EUGENIO MIRONE | Proseguono le restituzioni degli artisti selezionati per la quarta edizione della Settimana delle Residenze Digitali, che fino a domenica 26 novembre continueranno ad abitare spazi, sia fisici che digitali, e a incontrare un pubblico composto, per questa edizione, anche dai ragazzi delle scuole.
Abbiamo già raccontato il punto di vista degli organizzatori di Residenze Digitali e delle figure coinvolte come tutor dei lavori selezionati (qui le interviste per PAC), ora è giunto il momento di dare la parola agli artisti coinvolti in prima persona in un progetto che ha dato loro la possibilità di sviluppare, durante un periodo di residenza artistica, un’idea drammaturgica pensata per abitare lo spazio digitale.
Abbiamo avuto modo di dialogare con Giacomo Lilliù, membro del Collettivo ØNAR alla sua seconda partecipazione a Residenze Digitali, e Pier Lorenzo Pisano, regista e drammaturgo, che insieme, partendo da alcune suggestioni provenienti dal mondo dei meme, hanno dato vita a Il teatropostaggio da un milione di dollari.
Da dove nasce l’idea di lavorare con queste due specifiche modalità di espressione, il meme e lo shitposting?
GL: C’è un profilo Instagram che a me piace molto, si chiama @avocado_ibuprofen, gestito dall’artista finlandese Jaakko Pallasvuo. I suoi post sono dei mini-saggi sotto forma di strisce tra fumetto e meme. Un giorno ho scoperto dalle storie di @avocado_ibuprofen che stava collaborando come dramaturg o autore di testi per una compagnia di danza; a quel punto mi sono detto: perché non provare a replicare l’esperimento? Da lì ho parlato con Pier Lorenzo ed in breve è nato il progetto.

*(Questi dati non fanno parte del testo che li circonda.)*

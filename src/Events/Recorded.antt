-- ===== src/Events/Recorded.antt =====
-- What the three ways of recording append, and to which tables.
use mathlib.Core.List.{Memᴰ}
use pulse_crm.Prelude.{
  ℕ, ◌≡◌, refl, ◌<◌, inl, inr, Option, none, some, List, [], ◌∷◌, All, All-map, arith, ltb, ◌==◌,
  Bool-cases, ==_iff,
}
use pulse_crm.Events.{add_recipient, recipients}

-- Distinct recipients in increasing order.
abbrev pub IsIncreasing : List ℕ → Type 0
IsIncreasing [] = Unit
IsIncreasing (x ∷ xs) = All (λ y. x < y) xs × IsIncreasing xs

add_recipient-All {κ} :
    (P : ℕ → Type κ) (r : ℕ) (xs : List ℕ) → P r → All P xs → All P (add_recipient r xs)
unfolding add_recipient
add_recipient-All P r [] p h = (p, tt)
add_recipient-All P r (x ∷ xs) p (hx, h) = elim (Bool-cases (ltb r x)) [
  | inl t ↦ rw t (p, (hx, h))
  | inr t ↦ elim (Bool-cases (r == x)) [
    | inl s ↦ rw (t, s) (hx, h)
    | inr s ↦ rw (t, s) (hx, add_recipient-All P r xs p h)
  ]
]

below-All : (r x : ℕ) (xs : List ℕ) → r < x → All (λ y. x < y) xs → All (λ y. r < y) xs
below-All r x xs l h = All-map (λ y (g : x < y). omega arith) xs h

add_recipient-IsIncreasing :
    (r : ℕ) (xs : List ℕ) → IsIncreasing xs → IsIncreasing (add_recipient r xs)
unfolding add_recipient
add_recipient-IsIncreasing r [] h = (tt, tt)
add_recipient-IsIncreasing r (x ∷ xs) (hx, h) = elim (Bool-cases (ltb r x)) [
  | inl t ↦ rw t ((ground arith, below-All r x xs (ground arith) hx), (hx, h))
  | inr t ↦ elim (Bool-cases (r == x)) [
    | inl s ↦ rw (t, s) (hx, h)
    | inr s ↦
        rw (t, s)
          (add_recipient-All (λ y. x < y) r xs (ground arith) hx, add_recipient-IsIncreasing r xs h)
  ]
]

recipients-IsIncreasing : (rs : List (Option ℕ)) → IsIncreasing (recipients rs)
unfolding recipients
recipients-IsIncreasing [] = tt
recipients-IsIncreasing (none ∷ rs) = recipients-IsIncreasing rs
recipients-IsIncreasing (some r ∷ rs) =
    add_recipient-IsIncreasing r (recipients rs) (recipients-IsIncreasing rs)

mem_of_add_recipient : (r : ℕ) (xs : List ℕ) {y : ℕ} → Memᴰ y (r ∷ xs) → Memᴰ y (add_recipient r xs)
unfolding add_recipient
mem_of_add_recipient r [] m = m
mem_of_add_recipient r (x ∷ xs) {y} m = elim (Bool-cases (ltb r x)) [
  | inl t ↦ rw t m
  | inr t ↦ elim (Bool-cases (r == x)) [
    | inl s ↦ rw (t, s) (same ((==_iff r x).0 s) m)
    | inr s ↦ rw (t, s) (step (mem_of_add_recipient r xs) m)
  ]
]
  where
    same : r ≡ x → Memᴰ y (r ∷ x ∷ xs) → Memᴰ y (x ∷ xs)
    same e (Memᴰ.head p) = Memᴰ.head (ground arith)
    same e (Memᴰ.tail n) = n

    step :
        (Memᴰ y (r ∷ xs) → Memᴰ y (add_recipient r xs))
        → Memᴰ y (r ∷ x ∷ xs)
        → Memᴰ y (x ∷ add_recipient r xs)
    step rest (Memᴰ.head p) = Memᴰ.tail (rest (Memᴰ.head p))
    step rest (Memᴰ.tail (Memᴰ.head p)) = Memᴰ.head p
    step rest (Memᴰ.tail (Memᴰ.tail n)) = Memᴰ.tail (rest (Memᴰ.tail n))

recipients-mem : (rs : List (Option ℕ)) {r : ℕ} → Memᴰ (some r) rs → Memᴰ r (recipients rs)
unfolding recipients
recipients-mem [] m = elim m [ ]
recipients-mem (none ∷ rs) (Memᴰ.head e) = cc
recipients-mem (none ∷ rs) (Memᴰ.tail m) = recipients-mem rs m
recipients-mem (some x ∷ rs) (Memᴰ.head e) =
    mem_of_add_recipient x (recipients rs) (Memᴰ.head (ground arith))
recipients-mem (some x ∷ rs) (Memᴰ.tail m) =
    mem_of_add_recipient x (recipients rs) (Memᴰ.tail (recipients-mem rs m))

recipients-All : (rs : List (Option ℕ)) → All (λ r. Memᴰ (some r) rs) (recipients rs)
unfolding recipients
recipients-All [] = tt
recipients-All (none ∷ rs) = All-map (λ r m. Memᴰ.tail m) (recipients rs) (recipients-All rs)
recipients-All (some x ∷ rs) =
    add_recipient-All (λ r. Memᴰ (some r) (some x ∷ rs)) x (recipients rs) (Memᴰ.head refl)
      (All-map (λ r m. Memᴰ.tail m) (recipients rs) (recipients-All rs))

-- The ids that are told of a change of access are exactly those of the request that are present, in
-- increasing order and so each once.
pub recipients_lem :
    (rs : List (Option ℕ))
    → IsIncreasing (recipients rs)
      × ((r : ℕ) → Memᴰ (some r) rs → Memᴰ r (recipients rs))
      × All (λ r. Memᴰ (some r) rs) (recipients rs)
recipients_lem rs = (recipients-IsIncreasing rs, λ r m. recipients-mem rs m, recipients-All rs)
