-- ===== src/Events/Tests.antt =====
-- The recipients of a change of access.
use pulse_crm.Prelude.{◌≡◌, refl, none, some, [], ◌∷◌}
use pulse_crm.Events.{recipients, add_recipient}

recipients_of_three : recipients (some 5 ∷ none ∷ some 3 ∷ some 5 ∷ []) ≡ 3 ∷ 5 ∷ []
unfolding recipients add_recipient
recipients_of_three = refl
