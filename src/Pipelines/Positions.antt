-- ===== src/Pipelines/Positions.antt =====
-- The positions that `create_stage` writes: contiguous from 0, and reached without a collision on
-- the unique constraint of the pipeline's positions.
use pulse_crm.Prelude.Table.Members.{Distinct}
use pulse_crm.Prelude.{
  ℕ, ◌+◌, ◌≤◌, ◌<◌, ◌≢◌, List, [], ◌∷◌, All, arith, leb, Bool-cases, inl, inr, length,
}
use pulse_crm.Pipelines.{Stage}
use pulse_crm.Pipelines.Stages.{insert_ordered, by_position, offset, shift}

Ascending : List Stage → Type 0
Ascending [] = Unit
Ascending (x ∷ xs) = All (λ y. x.position < y.position) xs × Ascending xs

module _ {κ} (P : Stage → Type κ) where
  insert_ordered-All : (x : Stage) (ys : List Stage) → P x → All P ys → All P (insert_ordered x ys)
  unfolding insert_ordered
  insert_ordered-All x [] h hs = (h, tt)
  insert_ordered-All x (y ∷ ys) h (k, hs) = elim (Bool-cases (leb x.position y.position)) [
    | inl e ↦ rw e (h, (k, hs))
    | inr e ↦ rw e (k, insert_ordered-All x ys h hs)
  ]

  pub by_position-All : (xs : List Stage) → All P xs → All P (by_position xs)
  unfolding by_position
  by_position-All [] h = tt
  by_position-All (x ∷ xs) (h, hs) = insert_ordered-All x (by_position xs) h (by_position-All xs hs)

above :
    (x y : Stage) (ys : List Stage)
    → x.position < y.position
    → All (λ z. y.position < z.position) ys
    → All (λ z. x.position < z.position) ys
above x y [] h hs = tt
above x y (z ∷ zs) h (k, hs) = (omega arith, above x y zs h hs)

insert_ordered-Ascending :
    (x : Stage) (ys : List Stage)
    → All (λ y. x.position ≢ y.position) ys
    → Ascending ys
    → Ascending (insert_ordered x ys)
unfolding insert_ordered Ascending
insert_ordered-Ascending x [] ne h = (tt, tt)
insert_ordered-Ascending x (y ∷ ys) (n, ne) (k, h) = elim (Bool-cases (leb x.position y.position)) [
  | inl e ↦
      let less : x.position < y.position = ground arith in
      rw e ((less, above x y ys less k), (k, h))
  | inr e ↦ rw e (
    insert_ordered-All (λ z. y.position < z.position) x ys (ground arith) k,
    insert_ordered-Ascending x ys ne h,
  )
]

by_position-Ascending :
    (xs : List Stage) → Distinct (λ (x : Stage). x.position) xs → Ascending (by_position xs)
unfolding by_position Ascending
by_position-Ascending [] d = tt
by_position-Ascending (x ∷ xs) (ne, d) =
    insert_ordered-Ascending x (by_position xs)
      (by_position-All (λ y. x.position ≢ y.position) xs ne) (by_position-Ascending xs d)

-- The offset lies above every position, and above the number of the stages.
offset_above : (xs : List Stage) → Ascending xs → All (λ y. y.position + 2 ≤ offset xs) xs
unfolding offset Ascending
offset_above [] h = tt
offset_above (x ∷ []) h = (omega arith, tt)
offset_above (x ∷ y ∷ ys) ((less, k), h) =
    let rest = offset_above (y ∷ ys) h in (omega (arith, less, rest.0), rest)

offset-length :
    (x : Stage) (xs : List Stage)
    → Ascending (x ∷ xs)
    → x.position + length (x ∷ xs) + 1 ≤ offset (x ∷ xs)
unfolding offset Ascending
offset-length x [] h = omega arith
offset-length x (y ∷ ys) ((less, k), h) = omega (arith, less, offset-length y ys h)

length-lt_offset : (xs : List Stage) → Ascending xs → length xs < offset xs
unfolding offset
length-lt_offset [] h = omega arith
length-lt_offset (x ∷ xs) h = omega (arith, offset-length x xs h)

All-shifted :
    (n : ℕ) (all xs : List Stage)
    → length all < n
    → All (λ y. y.position + 2 ≤ n) all
    → All
        (λ x.
          (length all < (shift n x).position) × All (λ y. y.position < (shift n x).position) all)
        xs
All-shifted n all [] h k = tt
All-shifted n all (x ∷ xs) h k = ((omega (arith, h), below all k), All-shifted n all xs h k)
  where
    below :
        (ys : List Stage)
        → All (λ y. y.position + 2 ≤ n) ys
        → All (λ y. y.position < (shift n x).position) ys
    below [] u = tt
    below (y ∷ ys) (u, us) = (omega (arith, u), below ys us)

-- The first flush of `create_stage` moves the stages of a pipeline, whose positions are distinct,
-- above every position that they had and every position that the second flush gives out, so that
-- neither flush meets a row that still holds a position.
pub offset-clear :
    (xs : List Stage)
    → Distinct (λ (x : Stage). x.position) xs
    → let stages = by_position xs in
      All
        (λ x.
          (length stages < (shift (offset stages) x).position)
          × All (λ y. y.position < (shift (offset stages) x).position) stages)
        stages
offset-clear xs d =
    let sorted = by_position-Ascending xs d in
    All-shifted (offset (by_position xs)) (by_position xs) (by_position xs)
      (length-lt_offset (by_position xs) sorted) (offset_above (by_position xs) sorted)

In Italia abbiamo una scena di creator molto variegata, che io e Pier Lorenzo abbiamo cercato di approfondire e studiare oltre quanto già conoscevamo in qualità di follower. Abbiamo chiesto di partecipare a chi, tra le persone che si sono dette disponibili, ci sembrava avere una voce stilisticamente consapevole pur conservando una certa carica destabilizzante e irriverente. Il gruppo di lavoro che si è formato include Giulio Armeni (@filosofia_coatta), Davide Palandri (@affermazioni), @piastrellesexy, Daniele Zinni (@inchiestagram) e Loren Zonardo (@merdapostaggiogram), a cui poi si sono aggiunte le attrici Federica Dordei e Arianna Primavera e gli attori Lorenzo Guerrieri e Daniele Turconi.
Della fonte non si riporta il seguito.